## Assignment
From the records below, find each line with the string "subst" and copy it.

## Provided records
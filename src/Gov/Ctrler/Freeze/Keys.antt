-- ===== src/Gov/Ctrler/Freeze/Keys.antt =====
-- ctrlers/gov/ctrler.go: which keys freezeProposals writes and removes.
use beatoz_go.Base.{
  ℕ, ◌≡◌, ◌≢◌, refl, sym, ◌∙◌, subst, Bool, true, false, ◌||◌, ◌⊎◌, Option, none, some, List, [],
  ◌∷◌, if◌then◌else◌, Bool-cases, inl, inr, ◌==◌, arith,
}
use beatoz_go.Base.Words.{slt64}
use beatoz_go.Base.Bytes.{Bytes, bytes_eq, bytes_eq_sound}
use beatoz_go.Ledger.Keys.{
  ledger_key_proposal, ledger_key_frozen_prop, key_prefix_proposal, key_prefix_frozen_prop,
}
use beatoz_go.Ledger.Map.Removal.{NotEmpty, listed}
use beatoz_go.Ledger.Map.Seek.{entry, AreUnder, EachEntry}
use beatoz_go.Gov.Proposal.{Proposal, VoteOption}
use beatoz_go.Gov.Majority.Choice.{update_major_option_exact}
use beatoz_go.Gov.Ctrler.{GovItem, proposal_item}
use beatoz_go.Gov.Ctrler.Blocks.{frozen_key}
use beatoz_go.Gov.Ctrler.Writes.{View, put_view}
use beatoz_go.Gov.Ctrler.Freeze.{
  Verdict, keep, freeze, remove, by_major, verdict, judge, left_open, newly_frozen, IsVotable, news,
  frozens, removeds, frozen_of, removed_of,
}

by_major_cases : (p : Proposal) → (by_major p ≡ freeze p) ⊎ (by_major p ≡ remove)
by_major_cases p = go p.major_option
  where
    go :
        (o : Option VoteOption)
        → ((elim o as (λ x. Verdict) [ some y ↦ freeze p | none ↦ remove ]) ≡ freeze p)
          ⊎ ((elim o as (λ x. Verdict) [ some y ↦ freeze p | none ↦ remove ]) ≡ remove)
    go none = inr refl
    go (some o) = inl refl

-- A proposal that is frozen has the hash under which it was open.
pub data Judged (key : Bytes) (v : Verdict) : Type 0 where
  kept : v ≡ keep → Judged key v
  removed : v ≡ remove → Judged key v
  frozen : (p : Proposal) → v ≡ freeze p → key ≡ ledger_key_proposal p.header.tx_hash → Judged key v

judge_proposal :
    (height : ℕ) (p : Proposal)
    → p.options ≢ []
    → Judged (ledger_key_proposal p.header.tx_hash) (verdict height (proposal_item p))
judge_proposal height p some_there = elim (Bool-cases (slt64 p.header.end_voting_height height)) [
  | inr voting ↦ kept (rw voting refl)
  | inl expired ↦
      let (p', ran, chosen) = update_major_option_exact p some_there in
      elim (by_major_cases p') [
        | inl major ↦ frozen p' (rw (expired, ran) major) (rw chosen.same_header refl)
        | inr minor ↦ removed (rw (expired, ran) minor)
      ]
]

pub verdict_cases :
    (height : ℕ) (key : Bytes) (item : GovItem)
    → IsVotable key item
    → Judged key (verdict height item)
verdict_cases height key item (p, is, at, some_there) =
    rw (is, at) (judge_proposal height p some_there)

-- The keys that are written begin with the prefix of the frozen proposals.
pub put_view_elsewhere :
    (ps : List Proposal) (v : View) (b : ℕ) (h : Bytes)
    → (b == key_prefix_frozen_prop) ≡ false
    → put_view frozen_key ps v (b ∷ h) ≡ v (b ∷ h)
unfolding ledger_key_frozen_prop bytes_eq
put_view_elsewhere [] v b h e = refl
put_view_elsewhere (p ∷ ps) v b h e =
    put_view_elsewhere ps (λ j. if bytes_eq (frozen_key p) j then some (proposal_item p) else v j) b
      h e
    ∙ ground (arith, e)

pub put_view_nil : (ps : List Proposal) (v : View) → put_view frozen_key ps v [] ≡ v []
unfolding ledger_key_frozen_prop bytes_eq
put_view_nil [] v = refl
put_view_nil (p ∷ ps) v =
    put_view_nil ps (λ j. if bytes_eq (frozen_key p) j then some (proposal_item p) else v j)

abbrev pub is_gone : Verdict → Bool
is_gone keep = false
is_gone _ = true

frozen_same :
    (g h : Bytes) → bytes_eq (ledger_key_frozen_prop g) (ledger_key_frozen_prop h) ≡ bytes_eq g h
unfolding ledger_key_frozen_prop bytes_eq
frozen_same g h = ground arith

proposal_same :
    (g h : Bytes) → bytes_eq (ledger_key_proposal g) (ledger_key_proposal h) ≡ bytes_eq g h
unfolding ledger_key_proposal bytes_eq
proposal_same g h = ground arith

-- A proposal's two keys fall together with another's two keys.
same_hash :
    (key h : Bytes) (p : Proposal) (b : Bool)
    → key ≡ ledger_key_proposal p.header.tx_hash
    → bytes_eq key (ledger_key_proposal h) ≡ b
    → bytes_eq (frozen_key p) (ledger_key_frozen_prop h) ≡ b
same_hash key h p b at e =
    frozen_same p.header.tx_hash h ∙ sym (proposal_same p.header.tx_hash h) ∙ (rw at at e)

-- The frozen proposals that are written are those of the verdicts.
pub put_view-news :
    (height : ℕ) (h : Bytes) (es : List (Bytes × GovItem)) (v : View) (prefix : Bytes)
    → EachEntry IsVotable es
    → AreUnder prefix es
    → put_view frozen_key (news height es) v (ledger_key_frozen_prop h)
      ≡ newly_frozen
          (judge height (entry (ledger_key_proposal h) es))
          (v (ledger_key_frozen_prop h))
unfolding entry
put_view-news height h [] v prefix a u = refl
put_view-news height h (e ∷ es) v prefix (votable, a) (under, apart, u) =
    let with_frozen : Proposal → View =
      λ p j. if bytes_eq (frozen_key p) j then some (proposal_item p) else v j in
    elim (Bool-cases (bytes_eq e.0 (ledger_key_proposal h))) [
      | inl here ↦
          let gone : entry (ledger_key_proposal h) es ≡ none =
            subst (λ j. entry j es ≡ none) (bytes_eq_sound e.0 (ledger_key_proposal h) here)
              apart in
          let ih : (w : View)
              → put_view frozen_key (news height es) w (ledger_key_frozen_prop h)
                ≡ w (ledger_key_frozen_prop h) =
            λ w. put_view-news height h es w prefix a u ∙ rw gone refl in
          elim (verdict_cases height e.0 e.1 votable) [
            | kept is ↦ rw (here, is) (ih v)
            | removed is ↦ rw (here, is) (ih v)
            | frozen p is at ↦
                rw (here, is) (ih (with_frozen p) ∙ rw (same_hash e.0 h p true at here) refl)
          ]
      | inr other ↦ elim (verdict_cases height e.0 e.1 votable) [
        | kept is ↦ rw (other, is) (put_view-news height h es v prefix a u)
        | removed is ↦ rw (other, is) (put_view-news height h es v prefix a u)
        | frozen p is at ↦
            rw (other, is)
              (put_view-news height h es (with_frozen p) prefix a u
                ∙ rw (same_hash e.0 h p false at other) refl)
      ]
    ]

-- The keys that are removed are those of the proposals that are judged.
unlisted :
    (height : ℕ) (j : Bytes) (es : List (Bytes × GovItem))
    → entry j es ≡ none
    → (listed j (frozens height es) ≡ false) × (listed j (removeds height es) ≡ false)
unfolding entry
unlisted height j [] h = (refl, refl)
unlisted height j (e ∷ es) h = elim (Bool-cases (bytes_eq e.0 j)) [
  | inl here ↦ cc (rw here at h)
  | inr other ↦
      let (a, b) = unlisted height j es (rw other at h) in grown (verdict height e.1) a b other
]
  where
    grown :
        (v : Verdict)
        → listed j (frozens height es) ≡ false
        → listed j (removeds height es) ≡ false
        → bytes_eq e.0 j ≡ false
        → (listed j (frozen_of v e.0 (frozens height es)) ≡ false)
          × (listed j (removed_of v e.0 (removeds height es)) ≡ false)
    grown keep a b o = (a, b)
    grown (freeze p) a b o = (rw (o, a) refl, b)
    grown remove a b o = (a, rw (o, b) refl)

pub listed_gone :
    (height : ℕ) (j : Bytes) (es : List (Bytes × GovItem)) (prefix : Bytes)
    → AreUnder prefix es
    → (listed j (frozens height es) || listed j (removeds height es))
      ≡ is_gone (judge height (entry j es))
unfolding entry
listed_gone height j [] prefix u = refl
listed_gone height j (e ∷ es) prefix (under, apart, u) = elim (Bool-cases (bytes_eq e.0 j)) [
  | inl here ↦
      let gone : entry j es ≡ none =
        subst (λ x. entry x es ≡ none) (bytes_eq_sound e.0 j here) apart in
      let (a, b) = unlisted height j es gone in rw here (first (verdict height e.1) a b here)
  | inr other ↦ rw other (later (verdict height e.1) other ∙ listed_gone height j es prefix u)
]
  where
    first :
        (v : Verdict)
        → listed j (frozens height es) ≡ false
        → listed j (removeds height es) ≡ false
        → bytes_eq e.0 j ≡ true
        → (listed j (frozen_of v e.0 (frozens height es))
            || listed j (removed_of v e.0 (removeds height es)))
          ≡ is_gone v
    first keep a b h = rw (a, b) refl
    first (freeze p) a b h = rw h refl
    first remove a b h = rw (h, a) refl

    later :
        (v : Verdict)
        → bytes_eq e.0 j ≡ false
        → (listed j (frozen_of v e.0 (frozens height es))
            || listed j (removed_of v e.0 (removeds height es)))
          ≡ (listed j (frozens height es) || listed j (removeds height es))
    later keep h = refl
    later (freeze p) h = rw h refl
    later remove h = rw h refl

-- The keys that are removed begin with the prefix of the open proposals.
pub other_prefix :
    (b : ℕ) (h g : Bytes)
    → (b == key_prefix_proposal) ≡ false
    → bytes_eq (ledger_key_proposal g) (b ∷ h) ≡ false
unfolding ledger_key_proposal bytes_eq
other_prefix b h g e = ground (arith, e)

key_ne_nil : (g : Bytes) → ledger_key_proposal g ≢ []
unfolding ledger_key_proposal
key_ne_nil g e = cc

pub not_nil : (g : Bytes) → bytes_eq (ledger_key_proposal g) [] ≡ false
unfolding ledger_key_proposal bytes_eq
not_nil g = refl

pub unlisted_elsewhere :
    (height : ℕ) (j : Bytes) (es : List (Bytes × GovItem))
    → EachEntry IsVotable es
    → ((g : Bytes) → bytes_eq (ledger_key_proposal g) j ≡ false)
    → (listed j (frozens height es) || listed j (removeds height es)) ≡ false
unlisted_elsewhere height j [] a apart = refl
unlisted_elsewhere height j (e ∷ es) ((p, is, at, some_there), a) apart =
    skipped (verdict height e.1) (rw at (apart p.header.tx_hash))
    ∙ unlisted_elsewhere height j es a apart
  where
    skipped :
        (v : Verdict)
        → bytes_eq e.0 j ≡ false
        → (listed j (frozen_of v e.0 (frozens height es))
            || listed j (removed_of v e.0 (removeds height es)))
          ≡ (listed j (frozens height es) || listed j (removeds height es))
    skipped keep h = refl
    skipped (freeze p) h = rw h refl
    skipped remove h = rw h refl

pub keys_NotEmpty :
    (height : ℕ) (es : List (Bytes × GovItem))
    → EachEntry IsVotable es
    → NotEmpty (frozens height es) × NotEmpty (removeds height es)
keys_NotEmpty height [] a = (tt, tt)
keys_NotEmpty height (e ∷ es) ((p, is, at, some_there), a) =
    let (f, r) = keys_NotEmpty height es a in
    grown (verdict height e.1) f r (rw at (key_ne_nil p.header.tx_hash))
  where
    grown :
        (v : Verdict)
        → NotEmpty (frozens height es)
        → NotEmpty (removeds height es)
        → e.0 ≢ []
        → NotEmpty (frozen_of v e.0 (frozens height es))
          × NotEmpty (removed_of v e.0 (removeds height es))
    grown keep f r h = (f, r)
    grown (freeze p) f r h = ((h, f), r)
    grown remove f r h = (f, (h, r))

pub dropped_twice :
    (a b : Bool) (o : Option GovItem)
    → (if b then none else if a then none else o) ≡ (if a || b then none else o)
dropped_twice true true o = refl
dropped_twice true false o = refl
dropped_twice false true o = refl
dropped_twice false false o = refl

pub left_open_gone :
    (v : Verdict) (o : Option GovItem) → (if is_gone v then none else o) ≡ left_open v o
left_open_gone keep o = refl
left_open_gone (freeze p) o = refl
left_open_gone remove o = refl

## Response
  ℕ, ◌≡◌, ◌≢◌, refl, sym, ◌∙◌, subst, Bool, true, false, ◌||◌, ◌⊎◌, Option, none, some, List, [],
            subst (λ j. entry j es ≡ none) (bytes_eq_sound e.0 (ledger_key_proposal h) here)
        subst (λ x. entry x es ≡ none) (bytes_eq_sound e.0 j here) apart in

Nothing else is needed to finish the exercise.